▸ EXERCISE GOAL: Where in the data below does the word "Confirmed" appear? Copy every line that has it.

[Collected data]
+-------+

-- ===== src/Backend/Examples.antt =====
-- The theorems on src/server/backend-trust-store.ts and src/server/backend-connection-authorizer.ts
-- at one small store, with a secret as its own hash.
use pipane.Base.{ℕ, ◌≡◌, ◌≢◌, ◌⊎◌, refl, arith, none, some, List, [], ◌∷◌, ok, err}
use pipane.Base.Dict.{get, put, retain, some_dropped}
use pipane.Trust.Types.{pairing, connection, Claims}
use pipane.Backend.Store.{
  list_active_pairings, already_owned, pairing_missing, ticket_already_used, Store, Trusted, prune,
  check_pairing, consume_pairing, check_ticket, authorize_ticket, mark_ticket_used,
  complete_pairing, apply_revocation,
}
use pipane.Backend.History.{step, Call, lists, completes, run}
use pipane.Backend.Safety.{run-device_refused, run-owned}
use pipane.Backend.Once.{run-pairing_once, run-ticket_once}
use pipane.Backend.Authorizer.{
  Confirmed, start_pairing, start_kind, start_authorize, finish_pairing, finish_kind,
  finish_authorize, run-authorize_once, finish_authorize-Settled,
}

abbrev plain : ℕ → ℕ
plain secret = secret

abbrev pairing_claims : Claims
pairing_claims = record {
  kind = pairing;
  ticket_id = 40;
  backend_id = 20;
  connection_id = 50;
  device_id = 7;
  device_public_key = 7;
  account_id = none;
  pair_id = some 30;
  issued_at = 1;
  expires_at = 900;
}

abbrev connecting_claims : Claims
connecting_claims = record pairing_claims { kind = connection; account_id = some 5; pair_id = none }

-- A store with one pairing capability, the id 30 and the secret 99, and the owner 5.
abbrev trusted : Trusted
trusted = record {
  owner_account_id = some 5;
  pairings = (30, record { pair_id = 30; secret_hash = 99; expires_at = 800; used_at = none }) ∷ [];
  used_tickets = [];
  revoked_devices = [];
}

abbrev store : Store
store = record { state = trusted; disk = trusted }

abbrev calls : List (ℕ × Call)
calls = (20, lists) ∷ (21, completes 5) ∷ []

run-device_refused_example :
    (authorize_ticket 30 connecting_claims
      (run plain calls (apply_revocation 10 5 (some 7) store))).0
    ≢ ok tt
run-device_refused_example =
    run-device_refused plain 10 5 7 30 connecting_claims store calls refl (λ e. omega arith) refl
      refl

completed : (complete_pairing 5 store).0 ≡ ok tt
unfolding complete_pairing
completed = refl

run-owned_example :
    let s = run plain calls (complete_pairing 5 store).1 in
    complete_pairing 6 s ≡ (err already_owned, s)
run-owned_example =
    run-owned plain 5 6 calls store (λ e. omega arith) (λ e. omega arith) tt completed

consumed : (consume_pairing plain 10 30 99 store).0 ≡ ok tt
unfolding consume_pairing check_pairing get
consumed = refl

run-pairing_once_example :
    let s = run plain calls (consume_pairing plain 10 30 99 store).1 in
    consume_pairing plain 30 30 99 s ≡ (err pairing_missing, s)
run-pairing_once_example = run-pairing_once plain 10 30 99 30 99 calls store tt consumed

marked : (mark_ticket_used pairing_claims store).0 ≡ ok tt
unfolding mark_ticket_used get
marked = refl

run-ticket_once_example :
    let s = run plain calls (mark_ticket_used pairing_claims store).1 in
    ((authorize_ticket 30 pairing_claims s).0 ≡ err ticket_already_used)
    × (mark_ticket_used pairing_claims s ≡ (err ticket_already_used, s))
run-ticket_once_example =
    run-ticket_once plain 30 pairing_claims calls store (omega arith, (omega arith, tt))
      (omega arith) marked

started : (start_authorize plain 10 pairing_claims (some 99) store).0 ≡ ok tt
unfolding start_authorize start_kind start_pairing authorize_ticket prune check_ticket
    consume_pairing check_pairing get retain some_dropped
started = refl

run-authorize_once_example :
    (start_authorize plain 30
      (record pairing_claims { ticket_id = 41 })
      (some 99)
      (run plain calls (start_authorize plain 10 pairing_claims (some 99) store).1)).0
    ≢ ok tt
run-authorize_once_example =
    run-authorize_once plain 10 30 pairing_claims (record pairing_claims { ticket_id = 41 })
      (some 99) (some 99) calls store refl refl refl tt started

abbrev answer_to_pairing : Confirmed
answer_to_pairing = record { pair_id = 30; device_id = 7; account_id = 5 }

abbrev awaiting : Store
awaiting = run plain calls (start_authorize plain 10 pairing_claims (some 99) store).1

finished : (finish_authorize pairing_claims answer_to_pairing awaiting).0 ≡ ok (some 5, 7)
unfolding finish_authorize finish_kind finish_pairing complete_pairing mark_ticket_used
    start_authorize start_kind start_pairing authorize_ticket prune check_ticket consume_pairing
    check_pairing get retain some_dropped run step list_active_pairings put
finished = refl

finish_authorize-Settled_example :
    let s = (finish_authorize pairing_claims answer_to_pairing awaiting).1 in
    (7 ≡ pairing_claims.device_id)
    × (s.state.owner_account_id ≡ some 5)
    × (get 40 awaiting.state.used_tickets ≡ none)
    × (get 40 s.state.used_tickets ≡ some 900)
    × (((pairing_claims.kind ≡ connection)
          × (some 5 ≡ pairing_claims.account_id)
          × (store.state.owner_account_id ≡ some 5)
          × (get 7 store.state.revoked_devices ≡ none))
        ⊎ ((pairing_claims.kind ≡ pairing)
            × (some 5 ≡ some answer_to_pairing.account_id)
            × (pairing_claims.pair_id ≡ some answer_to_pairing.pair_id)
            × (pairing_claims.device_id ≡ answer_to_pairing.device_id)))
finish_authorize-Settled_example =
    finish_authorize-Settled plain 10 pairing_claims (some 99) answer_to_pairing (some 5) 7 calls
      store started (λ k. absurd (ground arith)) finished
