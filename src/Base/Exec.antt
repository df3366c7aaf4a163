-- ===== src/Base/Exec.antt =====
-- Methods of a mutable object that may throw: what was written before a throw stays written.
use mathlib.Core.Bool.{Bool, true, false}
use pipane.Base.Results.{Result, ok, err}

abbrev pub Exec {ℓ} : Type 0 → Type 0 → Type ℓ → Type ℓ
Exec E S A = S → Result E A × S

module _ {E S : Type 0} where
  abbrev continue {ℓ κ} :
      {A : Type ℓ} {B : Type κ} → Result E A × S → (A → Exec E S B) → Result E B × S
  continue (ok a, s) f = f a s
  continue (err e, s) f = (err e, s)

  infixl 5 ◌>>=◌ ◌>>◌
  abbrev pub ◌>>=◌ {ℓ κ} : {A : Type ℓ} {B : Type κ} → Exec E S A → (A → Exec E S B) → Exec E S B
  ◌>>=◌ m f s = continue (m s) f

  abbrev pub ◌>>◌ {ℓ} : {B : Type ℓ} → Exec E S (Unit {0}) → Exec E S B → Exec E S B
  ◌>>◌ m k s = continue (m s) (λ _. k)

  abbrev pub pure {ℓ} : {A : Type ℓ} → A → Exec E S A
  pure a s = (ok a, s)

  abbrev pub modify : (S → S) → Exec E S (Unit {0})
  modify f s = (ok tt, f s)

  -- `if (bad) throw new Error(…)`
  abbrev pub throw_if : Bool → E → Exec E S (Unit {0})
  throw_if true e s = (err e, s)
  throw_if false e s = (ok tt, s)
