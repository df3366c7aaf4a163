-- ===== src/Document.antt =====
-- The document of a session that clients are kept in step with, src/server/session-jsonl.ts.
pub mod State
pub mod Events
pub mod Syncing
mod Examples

+-------+

▸ RESULT:
  Confirmed, start_pairing, start_kind, start_authorize, finish_pairing, finish_kind,
abbrev answer_to_pairing : Confirmed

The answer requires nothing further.